#### [Instructions for the task]
Nothing but an exact copy of the records below counts as the answer.

#### [Data to process]
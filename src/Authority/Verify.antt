-- ===== src/Authority/Verify.antt =====
-- runtime_lab/authority/verify.py: `verify_authority_packet`, with every test in its order.
pub mod Laws
use runtime_lab_core.Prelude.{
  String, Bool, true, false, ◌&&◌, ◌||◌, not, Option, none, some, List, [], ◌∷◌, dedupe, same_texts,
  Result, ok, raise, ◌>>=◌, if◌then◌else◌,
}
use runtime_lab_core.Json.{Value, null, str, arr, obj, Items, nil, cons, Fields, get, is_str}
use runtime_lab_core.Json.Access.{is_mapping, get_in, has_only, has_all}
use runtime_lab_core.Hash.{Host}
use runtime_lab_core.Descriptors.Validator.{TextTools}
use runtime_lab_core.Authority.Bindings.{
  task_id_of, payload_roots, packet_roots, payload_artifacts, packet_artifacts, same_artifacts,
  compute_descriptor_payload_hash, packet_hash, packet_id,
}

-- What `_accepted` and `_rejected` return.
pub record Verification : Type 0 where
  pub accepted : Bool
  pub rejection_codes : List String
  pub authority_packet_id : Value
  pub authority_packet_hash : Value

abbrev pub rejected : Fields → List String → Verification
rejected packet codes = record {
  accepted = false;
  rejection_codes = dedupe codes;
  authority_packet_id = get "packet_id" packet;
  authority_packet_hash = get "payload_hash" packet;
}

abbrev pub accepted_packet : Fields → Verification
accepted_packet packet = record {
  accepted = true;
  rejection_codes = [];
  authority_packet_id = get "packet_id" packet;
  authority_packet_hash = get "payload_hash" packet;
}

-- Of what is no mapping at all.
abbrev pub malformed : Verification
malformed = record {
  accepted = false;
  rejection_codes = "AUTHORITY_PACKET_MALFORMED" ∷ [];
  authority_packet_id = null;
  authority_packet_hash = null;
}

abbrev pub required_fields : List String
required_fields =
    "schema_version" ∷ "packet_id" ∷ "issuer" ∷ "subject" ∷ "task_binding" ∷ "governance_binding"
    ∷ "workspace_binding" ∷ "artifact_binding" ∷ "capability_grants" ∷ "payload_hash" ∷ []

-- `grant == ALLOWED_CAPABILITY`
unfoldable pub is_allowed_capability : Fields → Bool
is_allowed_capability grant =
    is_str (get "capability" grant) "admission.evaluate"
    && is_str (get "scope" grant) "descriptor_intake_only"
    && has_only ("capability" ∷ "scope" ∷ []) grant

-- `ALLOWED_CAPABILITY in normalized`
abbrev pub grants_allowed : Items → Bool
grants_allowed nil = false
grants_allowed (cons (obj grant) vs) = is_allowed_capability grant || grants_allowed vs
grants_allowed (cons _ vs) = grants_allowed vs

-- `not any(grant != ALLOWED_CAPABILITY for grant in normalized)`
abbrev pub grants_only_allowed : Items → Bool
grants_only_allowed nil = true
grants_only_allowed (cons (obj grant) vs) = is_allowed_capability grant && grants_only_allowed vs
grants_only_allowed (cons _ vs) = grants_only_allowed vs

-- `_capability_codes`
unfoldable pub capability_codes : Value → List String
capability_codes (arr grants) =
    if not (grants_allowed grants)
    then "AUTHORITY_PACKET_CAPABILITY_NOT_GRANTED" ∷ []
    else if not (grants_only_allowed grants)
    then "AUTHORITY_PACKET_CAPABILITY_ESCALATION" ∷ []
    else []
capability_codes _ = "AUTHORITY_PACKET_CAPABILITY_NOT_GRANTED" ∷ []

-- `value in (None, R114_CURRENT_EPOCH)`
abbrev pub is_current : Value → Bool
is_current null = true
is_current v = is_str v "r114-local-epoch"

-- The tests on the issuer, the subject, the epoch and the task binding.
unfoldable pub party_code : Fields → Option String
party_code packet =
    if not (is_mapping (get "issuer" packet) && is_mapping (get "subject" packet))
    then some "AUTHORITY_PACKET_MALFORMED"
    else if not (
        is_str (get_in "identity_id" (get "issuer" packet)) "governance:runtime_lab"
        && is_str (get_in "role" (get "issuer" packet)) "governance_authority")
    then some "AUTHORITY_PACKET_FORGED_IDENTITY"
    else if not (
        is_str (get_in "actor_id" (get "subject" packet)) "actor:local_runtime"
        && is_str (get_in "actor_type" (get "subject" packet)) "runtime_actor")
    then some "AUTHORITY_PACKET_FORGED_IDENTITY"
    else if not (is_current (get "not_before" packet))
    then some "AUTHORITY_PACKET_STALE_OR_NOT_YET_VALID"
    else if not (is_current (get "expires_at" packet))
    then some "AUTHORITY_PACKET_STALE_OR_NOT_YET_VALID"
    else if not (is_mapping (get "task_binding" packet))
    then some "AUTHORITY_PACKET_MALFORMED"
    else none

module _ (h : Host) where
  abbrev pub is_self_hashed : Fields → Bool
  is_self_hashed packet =
      is_str (get "payload_hash" packet) (packet_hash h packet)
      && is_str (get "packet_id" packet) (packet_id h packet)

  -- The tests up to the descriptor's hash, which is taken after them.
  unfoldable pub identity_code : Fields → Option String
  identity_code packet =
      if not (has_all required_fields packet)
      then some "AUTHORITY_PACKET_MALFORMED"
      else if not (is_self_hashed packet)
      then some "AUTHORITY_PACKET_HASH_MISMATCH"
      else party_code packet

-- The tests against the descriptor, whose hash is given.
unfoldable pub binding_codes : Fields → Fields → String → List String
binding_codes packet payload hash =
    if not (is_str (get_in "descriptor_hash" (get "task_binding" packet)) hash)
    then "AUTHORITY_PACKET_DESCRIPTOR_HASH_MISMATCH" ∷ []
    else if not (is_str (get_in "task_id" (get "task_binding" packet)) (task_id_of payload))
    then "AUTHORITY_PACKET_TASK_BINDING_MISMATCH" ∷ []
    else elim (capability_codes (get "capability_grants" packet)) [
      | code ∷ codes ↦ code ∷ codes
      | [] ↦
          if not (same_texts (packet_roots packet) (payload_roots payload))
          then "AUTHORITY_PACKET_WORKSPACE_SCOPE_MISMATCH" ∷ []
          else if not (same_artifacts (packet_artifacts packet) (payload_artifacts payload))
          then "AUTHORITY_PACKET_ARTIFACT_SCOPE_MISMATCH" ∷ []
          else []
    ]

abbrev pub verification : Fields → List String → Verification
verification packet [] = accepted_packet packet
verification packet (code ∷ codes) = rejected packet (code ∷ codes)

module _ (h : Host) where
  -- The whole verification, of a descriptor with the given hash.
  unfoldable pub verify_bound : Fields → Fields → String → Verification
  verify_bound packet payload hash = elim (identity_code h packet) [
    | some code ↦ rejected packet (code ∷ [])
    | none ↦ verification packet (binding_codes packet payload hash)
  ]

module _ (h : Host) (tools : TextTools) where
  unfoldable pub verify_authority_packet : Value → Fields → Result Verification
  verify_authority_packet (obj packet) payload = elim (identity_code h packet) [
    | some code ↦ ok (rejected packet (code ∷ []))
    | none ↦ do
      hash ← compute_descriptor_payload_hash h tools payload
      ok (verification packet (binding_codes packet payload hash))
  ]
  verify_authority_packet _ payload = ok malformed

#### [Solution]
filename src/Authority/Verify.antt
-- ===== src/Authority/Verify.antt =====
-- runtime_lab/authority/verify.py: `verify_authority_packet`, with every test in its order.
pub mod Laws
use runtime_lab_core.Prelude.{
  String, Bool, true, false, ◌&&◌, ◌||◌, not, Option, none, some, List, [], ◌∷◌, dedupe, same_texts,
  Result, ok, raise, ◌>>=◌, if◌then◌else◌,
}
use runtime_lab_core.Json.{Value, null, str, arr, obj, Items, nil, cons, Fields, get, is_str}
use runtime_lab_core.Json.Access.{is_mapping, get_in, has_only, has_all}
use runtime_lab_core.Hash.{Host}
use runtime_lab_core.Descriptors.Validator.{TextTools}
use runtime_lab_core.Authority.Bindings.{
  task_id_of, payload_roots, packet_roots, payload_artifacts, packet_artifacts, same_artifacts,
  compute_descriptor_payload_hash, packet_hash, packet_id,
}

-- What `_accepted` and `_rejected` return.
pub record Verification : Type 0 where
  pub accepted : Bool
  pub rejection_codes : List String
  pub authority_packet_id : Value
  pub authority_packet_hash : Value

abbrev pub rejected : Fields → List String → Verification
rejected packet codes = record {
  accepted = false;
  rejection_codes = dedupe codes;
  authority_packet_id = get "packet_id" packet;
  authority_packet_hash = get "payload_hash" packet;
}

abbrev pub accepted_packet : Fields → Verification
accepted_packet packet = record {
  accepted = true;
  rejection_codes = [];
  authority_packet_id = get "packet_id" packet;
  authority_packet_hash = get "payload_hash" packet;
}

-- Of what is no mapping at all.
abbrev pub malformed : Verification
malformed = record {
  accepted = false;
  rejection_codes = "AUTHORITY_PACKET_MALFORMED" ∷ [];
  authority_packet_id = null;
  authority_packet_hash = null;
}

abbrev pub required_fields : List String
required_fields =
    "schema_version" ∷ "packet_id" ∷ "issuer" ∷ "subject" ∷ "task_binding" ∷ "governance_binding"
    ∷ "workspace_binding" ∷ "artifact_binding" ∷ "capability_grants" ∷ "payload_hash" ∷ []

-- `grant == ALLOWED_CAPABILITY`
unfoldable pub is_allowed_capability : Fields → Bool
is_allowed_capability grant =
    is_str (get "capability" grant) "admission.evaluate"
    && is_str (get "scope" grant) "descriptor_intake_only"
    && has_only ("capability" ∷ "scope" ∷ []) grant

-- `ALLOWED_CAPABILITY in normalized`
abbrev pub grants_allowed : Items → Bool
grants_allowed nil = false
grants_allowed (cons (obj grant) vs) = is_allowed_capability grant || grants_allowed vs
grants_allowed (cons _ vs) = grants_allowed vs

-- `not any(grant != ALLOWED_CAPABILITY for grant in normalized)`
abbrev pub grants_only_allowed : Items → Bool
grants_only_allowed nil = true
grants_only_allowed (cons (obj grant) vs) = is_allowed_capability grant && grants_only_allowed vs
grants_only_allowed (cons _ vs) = grants_only_allowed vs

-- `_capability_codes`
unfoldable pub capability_codes : Value → List String
capability_codes (arr grants) =
    if not (grants_allowed grants)
    then "AUTHORITY_PACKET_CAPABILITY_NOT_GRANTED" ∷ []
    else if not (grants_only_allowed grants)
    then "AUTHORITY_PACKET_CAPABILITY_ESCALATION" ∷ []
    else []
capability_codes _ = "AUTHORITY_PACKET_CAPABILITY_NOT_GRANTED" ∷ []

-- `value in (None, R114_CURRENT_EPOCH)`
abbrev pub is_current : Value → Bool
is_current null = true
is_current v = is_str v "r114-local-epoch"

-- The tests on the issuer, the subject, the epoch and the task binding.
unfoldable pub party_code : Fields → Option String
party_code packet =
    if not (is_mapping (get "issuer" packet) && is_mapping (get "subject" packet))
    then some "AUTHORITY_PACKET_MALFORMED"
    else if not (
        is_str (get_in "identity_id" (get "issuer" packet)) "governance:runtime_lab"
        && is_str (get_in "role" (get "issuer" packet)) "governance_authority")
    then some "AUTHORITY_PACKET_FORGED_IDENTITY"
    else if not (
        is_str (get_in "actor_id" (get "subject" packet)) "actor:local_runtime"
        && is_str (get_in "actor_type" (get "subject" packet)) "runtime_actor")
    then some "AUTHORITY_PACKET_FORGED_IDENTITY"
    else if not (is_current (get "not_before" packet))
    then some "AUTHORITY_PACKET_STALE_OR_NOT_YET_VALID"
    else if not (is_current (get "expires_at" packet))
    then some "AUTHORITY_PACKET_STALE_OR_NOT_YET_VALID"
    else if not (is_mapping (get "task_binding" packet))
    then some "AUTHORITY_PACKET_MALFORMED"
    else none

module _ (h : Host) where
  abbrev pub is_self_hashed : Fields → Bool
  is_self_hashed packet =
      is_str (get "payload_hash" packet) (packet_hash h packet)
      && is_str (get "packet_id" packet) (packet_id h packet)

  -- The tests up to the descriptor's hash, which is taken after them.
  unfoldable pub identity_code : Fields → Option String
  identity_code packet =
      if not (has_all required_fields packet)
      then some "AUTHORITY_PACKET_MALFORMED"
      else if not (is_self_hashed packet)
      then some "AUTHORITY_PACKET_HASH_MISMATCH"
      else party_code packet

-- The tests against the descriptor, whose hash is given.
unfoldable pub binding_codes : Fields → Fields → String → List String
binding_codes packet payload hash =
    if not (is_str (get_in "descriptor_hash" (get "task_binding" packet)) hash)
    then "AUTHORITY_PACKET_DESCRIPTOR_HASH_MISMATCH" ∷ []
    else if not (is_str (get_in "task_id" (get "task_binding" packet)) (task_id_of payload))
    then "AUTHORITY_PACKET_TASK_BINDING_MISMATCH" ∷ []
    else elim (capability_codes (get "capability_grants" packet)) [
      | code ∷ codes ↦ code ∷ codes
      | [] ↦
          if not (same_texts (packet_roots packet) (payload_roots payload))
          then "AUTHORITY_PACKET_WORKSPACE_SCOPE_MISMATCH" ∷ []
          else if not (same_artifacts (packet_artifacts packet) (payload_artifacts payload))
          then "AUTHORITY_PACKET_ARTIFACT_SCOPE_MISMATCH" ∷ []
          else []
    ]

abbrev pub verification : Fields → List String → Verification
verification packet [] = accepted_packet packet
verification packet (code ∷ codes) = rejected packet (code ∷ codes)

module _ (h : Host) where
  -- The whole verification, of a descriptor with the given hash.
  unfoldable pub verify_bound : Fields → Fields → String → Verification
  verify_bound packet payload hash = elim (identity_code h packet) [
    | some code ↦ rejected packet (code ∷ [])
    | none ↦ verification packet (binding_codes packet payload hash)
  ]

module _ (h : Host) (tools : TextTools) where
  unfoldable pub verify_authority_packet : Value → Fields → Result Verification
  verify_authority_packet (obj packet) payload = elim (identity_code h packet) [
    | some code ↦ ok (rejected packet (code ∷ []))
    | none ↦ do
      hash ← compute_descriptor_payload_hash h tools payload
      ok (verification packet (binding_codes packet payload hash))
  ]
  verify_authority_packet _ payload = ok malformed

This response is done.